Heidenheim: Herta Keinath Stiftung

 
 

Kategorie

Mission, Ökumene, Entwicklungshilfe

Errichtet

2014

Zweck

Förderung der weltweiten christlichen Mission und christliche
Jugendsozialarbeit

Vermögen

342.000 Euro

Form

Selbstständige kirchliche Stiftung bürgerlichen Rechts

 
 

Geschichte

Herta Keinath wurde 1925 Paoking in China geboren. Ihre Eltern lebten und wirkten dort im Auftrag der Liebenzeller Mission. 1928 kehrte die Familie nach Deutschland zurück und ließ sich in Heidenheim nieder. Herta Keinath verbrachte dort ihre Jugend, machte eine hauswirtschaftliche  Ausbildung, später auch eine Ausbildung zur Gemeindehelferin. Ab 1954 wirkte sie fünfzehn Jahre lang als Missionsschwester der Rheinischen Mission in Süd- und Südwestafrika. Anschließend arbeitete sie bis zu ihrer Pensionierung als Religionslehrerin in Heidenheim.
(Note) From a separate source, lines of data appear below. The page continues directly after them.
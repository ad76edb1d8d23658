-- ===== src/Virtio/Chain.antt =====
-- `alloc3_desc`, which takes three descriptors or gives back what it took.
use cs202_lab.Prelude.{
  ℕ, ◌<◌, ◌≡◌, ◌≢◌, ◌⊎◌, refl, ap, ◌∙◌, true, false, List, [], ◌∷◌, ◌==◌, Option, none, some, arith,
}
use cs202_lab.Virtio.{
  num, Driver, store, find_free, freed, free_desc, free_each, alloc_each, alloc3_desc, empty_desc,
}
use cs202_lab.Virtio.Marks.{
  Alloced, Found, after, find_free-Found, free_desc_taken, given_back, gone, only_two, stays-IsBack,
  still_free, store_cases, store_ne, two-IsBack,
}

free_each_cons :
    (i : ℕ) (idx : List ℕ) (s s' : Driver)
    → free_desc i s ≡ some s'
    → free_each (i ∷ idx) s ≡ free_each idx s'
unfolding free_each
free_each_cons i idx s s' e = rw e refl

free_each_nil : (s : Driver) → free_each [] s ≡ some s
unfolding free_each
free_each_nil s = refl

-- The third descriptor.
third :
    (a b : ℕ) (s : Driver) (o : Option ℕ)
    → find_free num 0 (store b false (store a false s.free)) ≡ o
    → Found num 0 (store b false (store a false s.free)) o
    → a < num
    → b < num
    → s.free a ≡ true
    → s.free b ≡ true
    → a ≢ b
    → Alloced s (alloc_each 1 (a ∷ b ∷ []) (after b (after a s)))
unfolding alloc_each
third a b s none e f la lb fa fb ne =
    let not_a : (a == b) ≡ false = ground arith in
    let not_b : (b == a) ≡ false = ground arith in
    let self_a : (a == a) ≡ true = ground arith in
    let self : (b == b) ≡ true = ground arith in
    let s2 = after b (after a s) in
    let back : free_each (a ∷ b ∷ []) s2 ≡ some (freed b (freed a s2)) =
      free_each_cons a (b ∷ []) s2 (freed a s2) (free_desc_taken a s2 la (rw (not_a, self_a) refl))
      ∙ free_each_cons b [] (freed a s2) _
          (free_desc_taken b (freed a s2) lb (rw (not_b, self) refl))
      ∙ free_each_nil _ in
    let among : (i : ℕ) → i < num → s.free i ≡ true → (i ≡ a) ⊎ (i ≡ b) =
      λ i lt free. only_two a b i s.free (f i (omega arith) lt) free in
    rw (e, back)
      (
        (λ i j k t. ground (
          arith,
          among i t.low_a t.free_a,
          among j t.low_b t.free_b,
          among k t.low_c t.free_c,
          t.ne_ab,
          t.ne_ac,
          t.ne_bc,
        )),
        two-IsBack a b s fa fb,
      )
third a b s (some c) e (fc, lc) la lb fa fb ne =
    let (ne_bc, f1) = still_free b c (store a false s.free) fc in
    let (ne_ac, free_c) = still_free a c s.free f1 in
    rw e (
      a,
      b,
      c,
      record {
        low_a = la;
        low_b = lb;
        low_c = lc;
        free_a = fa;
        free_b = fb;
        free_c = free_c;
        ne_ab = ne;
        ne_ac = ne_ac;
        ne_bc = ne_bc;
      },
      refl,
      refl,
    )

-- The second.
second :
    (a : ℕ) (s : Driver) (o : Option ℕ)
    → find_free num 0 (store a false s.free) ≡ o
    → Found num 0 (store a false s.free) o
    → a < num
    → s.free a ≡ true
    → Alloced s (alloc_each 2 (a ∷ []) (after a s))
unfolding alloc_each
second a s none e f la fa =
    let self : (a == a) ≡ true = ground arith in
    let back : free_each (a ∷ []) (after a s) ≡ some (freed a (after a s)) =
      free_each_cons a [] (after a s) _ (free_desc_taken a (after a s) la (rw self refl))
      ∙ free_each_nil _ in
    let among : (i : ℕ) → i < num → s.free i ≡ true → i ≡ a =
      λ i lt free. gone a i s.free (f i (omega arith) lt) free in
    rw (e, back)
      (
        (λ i j k t. omega (arith, among i t.low_a t.free_a, among j t.low_b t.free_b, t.ne_ab)),
        record {
          marks =
              λ i. given_back a i s.free (store a false s.free) fa (store_cases a i false s.free);
          descs = λ i g. store_ne a i empty_desc s.desc (λ z. ground (arith, ap s.free z));
          busy = refl;
          info = refl;
          avail_idx = refl;
        },
      )
second a s (some b) e (fb, lb) la fa =
    let (ne, free_b) = still_free a b s.free fb in
    rw e (third a b s _ refl (find_free-Found num 0 _) la lb fa free_b ne)

-- From any state, `alloc3_desc` takes three different free descriptors. Where there are no three, it
-- gives back what it had taken, and returns -1. It never panics.
pub alloc3_desc_lem : (s : Driver) → Alloced s (alloc3_desc s)
unfolding alloc3_desc alloc_each
alloc3_desc_lem s = first (find_free num 0 s.free) refl (find_free-Found num 0 s.free)
  where
    first :
        (o : Option ℕ)
        → find_free num 0 s.free ≡ o
        → Found num 0 s.free o
        → Alloced s (alloc_each 3 [] s)
    first none e f =
        rw (e, free_each_nil s)
          ((λ i j k t. ground (arith, f i (omega arith) t.low_a, t.free_a)), stays-IsBack s)
    first (some a) e (fa, la) = rw e (second a s _ refl (find_free-Found num 0 _) la fa)
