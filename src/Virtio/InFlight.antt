-- ===== src/Virtio/InFlight.antt =====
-- Requests to the disk: `virtio_disk_rw` builds a chain of three descriptors, and gives it back when
-- the request is done.
use cs202_lab.Prelude.{
  ℕ, ◌%◌, ◌<◌, ◌≡◌, ◌≢◌, ◌⊎◌, inl, inr, refl, ap, ◌∙◌, Bool, true, false, List, Option, none, some,
  if◌then◌else◌, arith, Bool-cases,
}
use cs202_lab.Virtio.{
  num, Desc, Driver, store, has_next, alloc3_desc, request, head_desc, data_desc, status_desc,
  submit, submit_at, rw_start, add16,
}
use cs202_lab.Virtio.Marks.{Trio, taken, IsBack, Alloced, store_ne, store_self, among, store_three}
use cs202_lab.Virtio.Chain.{alloc3_desc_lem}

-- Three descriptors in use that form a chain.
pub record IsChain (i0 i1 i2 : ℕ) (s : Driver) : Type 0 where
  pub low0 : i0 < num
  pub low1 : i1 < num
  pub low2 : i2 < num
  pub ne01 : i0 ≢ i1
  pub ne02 : i0 ≢ i2
  pub ne12 : i1 ≢ i2
  pub used0 : s.free i0 ≡ false
  pub used1 : s.free i1 ≡ false
  pub used2 : s.free i2 ≡ false
  pub flag0 : has_next (s.desc i0).flags ≡ true
  pub flag1 : has_next (s.desc i1).flags ≡ true
  pub flag2 : has_next (s.desc i2).flags ≡ false
  pub next0 : (s.desc i0).next ≡ i1
  pub next1 : (s.desc i1).next ≡ i2

-- Descriptors in use stay as they are.
pub record Keeps (s s' : Driver) : Type 0 where
  pub marks : (i : ℕ) → s.free i ≡ false → s'.free i ≡ false
  pub descs : (i : ℕ) → s.free i ≡ false → s'.desc i ≡ s.desc i
  pub infos : (i : ℕ) → s.free i ≡ false → s'.info i ≡ s.info i

-- A chain whose own descriptors are the same in another state.
pub IsChain-same :
    (i0 i1 i2 : ℕ) (s s' : Driver)
    → IsChain i0 i1 i2 s
    → ((i : ℕ)
        → among i0 i1 i2 i ≡ true
        → s.free i ≡ false
        → (s'.free i ≡ false) × (s'.desc i ≡ s.desc i))
    → IsChain i0 i1 i2 s'
IsChain-same i0 i1 i2 s s' c same =
    let (used0, desc0) = same i0 (ground arith) c.used0 in
    let (used1, desc1) = same i1 (ground arith) c.used1 in
    let (used2, desc2) = same i2 (ground arith) c.used2 in
    record {
      low0 = c.low0;
      low1 = c.low1;
      low2 = c.low2;
      ne01 = c.ne01;
      ne02 = c.ne02;
      ne12 = c.ne12;
      used0 = used0;
      used1 = used1;
      used2 = used2;
      flag0 = ap (λ (d : Desc). has_next d.flags) desc0 ∙ c.flag0;
      flag1 = ap (λ (d : Desc). has_next d.flags) desc1 ∙ c.flag1;
      flag2 = ap (λ (d : Desc). has_next d.flags) desc2 ∙ c.flag2;
      next0 = ap (λ (d : Desc). d.next) desc0 ∙ c.next0;
      next1 = ap (λ (d : Desc). d.next) desc1 ∙ c.next1;
    }

pub IsChain-Keeps :
    (i0 i1 i2 : ℕ) (s s' : Driver) → IsChain i0 i1 i2 s → Keeps s s' → IsChain i0 i1 i2 s'
IsChain-Keeps i0 i1 i2 s s' c k = IsChain-same i0 i1 i2 s s' c (λ i m h. (k.marks i h, k.descs i h))

-- The request as the device finds it.
pub record IsRequest (b blockno : ℕ) (write : Bool) (i0 i1 i2 : ℕ) (s s' : Driver) : Type 0 where
  pub header : s'.ops i0 ≡ request blockno write
  pub desc0 : s'.desc i0 ≡ head_desc i0 i1
  pub desc1 : s'.desc i1 ≡ data_desc b write i2
  pub desc2 : s'.desc i2 ≡ status_desc i0
  pub owner : s'.info i0 ≡ some b
  pub waits : s'.busy b ≡ true
  pub queued : s'.avail_ring (s.avail_idx % num) ≡ i0
  pub counted : s'.avail_idx ≡ add16 s.avail_idx 1

-- What `virtio_disk_rw` does up to its second sleep.
abbrev pub Started : ℕ → ℕ → Bool → Driver → Option (Option ℕ × Driver) → Type 0
Started b blockno write s none = ⊥
Started b blockno write s (some (none, s')) = ((i j k : ℕ) → ¬ (Trio s i j k)) × IsBack s s'
Started b blockno write s (some (some i0, s')) =
    (i1 : ℕ) × (i2 : ℕ) × Trio s i0 i1 i2
    × IsChain i0 i1 i2 s'
    × IsRequest b blockno write i0 i1 i2 s s'
    × Keeps s s'
    × ((i : ℕ) → s'.free i ≡ (if among i0 i1 i2 i then false else s.free i))

-- The three descriptors once they are filled in.
module _ (b blockno : ℕ) (write : Bool) (i0 i1 i2 : ℕ) (s : Driver) (t : Trio s i0 i1 i2) where
  abbrev sent : Driver
  sent = submit b blockno write i0 i1 i2 (taken i0 i1 i2 s)

  sent-desc0 : sent.desc i0 ≡ head_desc i0 i1
  sent-desc0 =
      store_ne i2 i0 (status_desc i0)
        (store i1 (data_desc b write i2) (store i0 (head_desc i0 i1) s.desc)) t.ne_ac
      ∙ store_ne i1 i0 (data_desc b write i2) (store i0 (head_desc i0 i1) s.desc) t.ne_ab
      ∙ store_self i0 (head_desc i0 i1) s.desc

  sent-desc1 : sent.desc i1 ≡ data_desc b write i2
  sent-desc1 =
      store_ne i2 i1 (status_desc i0)
        (store i1 (data_desc b write i2) (store i0 (head_desc i0 i1) s.desc)) t.ne_bc
      ∙ store_self i1 (data_desc b write i2) (store i0 (head_desc i0 i1) s.desc)

  sent-desc2 : sent.desc i2 ≡ status_desc i0
  sent-desc2 =
      store_self i2 (status_desc i0)
        (store i1 (data_desc b write i2) (store i0 (head_desc i0 i1) s.desc))

  data-has_next : has_next (data_desc b write i2).flags ≡ true
  data-has_next = elim (Bool-cases write) [ inl h ↦ rw h refl | inr h ↦ rw h refl ]

  sent-used :
      (i : ℕ) → ((i ≡ i0) ⊎ ((i ≡ i1) ⊎ (i ≡ i2))) ⊎ (s.free i ≡ false) → sent.free i ≡ false
  sent-used i h = ground arith

  sent-IsChain : IsChain i0 i1 i2 sent
  sent-IsChain = record {
    low0 = t.low_a;
    low1 = t.low_b;
    low2 = t.low_c;
    ne01 = t.ne_ab;
    ne02 = t.ne_ac;
    ne12 = t.ne_bc;
    used0 = sent-used i0 (inl (inl refl));
    used1 = sent-used i1 (inl (inr (inl refl)));
    used2 = sent-used i2 (inl (inr (inr refl)));
    flag0 = ap (λ (d : Desc). has_next d.flags) sent-desc0;
    flag1 = ap (λ (d : Desc). has_next d.flags) sent-desc1 ∙ data-has_next;
    flag2 = ap (λ (d : Desc). has_next d.flags) sent-desc2;
    next0 = ap (λ (d : Desc). d.next) sent-desc0;
    next1 = ap (λ (d : Desc). d.next) sent-desc1;
  }

  sent-IsRequest : IsRequest b blockno write i0 i1 i2 s sent
  sent-IsRequest = record {
    header = store_self i0 (request blockno write) s.ops;
    desc0 = sent-desc0;
    desc1 = sent-desc1;
    desc2 = sent-desc2;
    owner = store_self i0 (some b) s.info;
    waits = store_self b true s.busy;
    queued = store_self (s.avail_idx % num) i0 s.avail_ring;
    counted = refl;
  }

  -- A descriptor in use is none of the three.
  used_ne : (i j : ℕ) → s.free i ≡ false → s.free j ≡ true → i ≢ j
  used_ne i j h g e = ground (arith, ap s.free e)

  sent-Keeps : Keeps s sent
  sent-Keeps = record {
    marks = λ i h. sent-used i (inr h);
    descs = λ i h.
        store_ne i2 i (status_desc i0)
          (store i1 (data_desc b write i2) (store i0 (head_desc i0 i1) s.desc))
          (used_ne i i2 h t.free_c)
        ∙ store_ne i1 i (data_desc b write i2) (store i0 (head_desc i0 i1) s.desc)
            (used_ne i i1 h t.free_b)
        ∙ store_ne i0 i (head_desc i0 i1) s.desc (used_ne i i0 h t.free_a);
    infos = λ i h. store_ne i0 i (some b) s.info (used_ne i i0 h t.free_a);
  }

-- From any state, `virtio_disk_rw` does not panic before its second sleep. It sleeps for want of
-- descriptors only if no three are free, and has then changed no mark; else it fills in three free
-- descriptors as a chain with the request, its buffer waiting, and puts the chain in the ring of the
-- device. The descriptors that were in use, and the buffers of their requests, stay as they are.
pub rw_start_lem :
    (b blockno : ℕ) (write : Bool) (s : Driver)
    → Started b blockno write s (rw_start b blockno write s)
unfolding rw_start
rw_start_lem b blockno write s = from (alloc3_desc s) (alloc3_desc_lem s)
  where
    from :
        (o : Option (Option (List ℕ) × Driver))
        → Alloced s o
        → Started b blockno write s (submit_at b blockno write o)
    from none f = f
    from (some (none, s')) f = f
    from (some (some idx, s')) (i0, i1, i2, t, e, e') =
        rw (e, e')
          (
            i1,
            i2,
            t,
            sent-IsChain b blockno write i0 i1 i2 s t,
            sent-IsRequest b blockno write i0 i1 i2 s t,
            sent-Keeps b blockno write i0 i1 i2 s t,
            (λ i. store_three i0 i1 i2 i false s.free),
          )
Die letzten Lebensjahre verbrachte  Herta Keinath im Haus an der Teck in Dettingen unter Teck. Dort gründete sie die nach ihr benannte „Herta Keinath Stiftung – Stiftung für weltweite christliche Mission und christliche Jugendsozialarbeit“.

Die Stiftung fördert entsprechend tätige christliche Werke, Verbände und Vereine.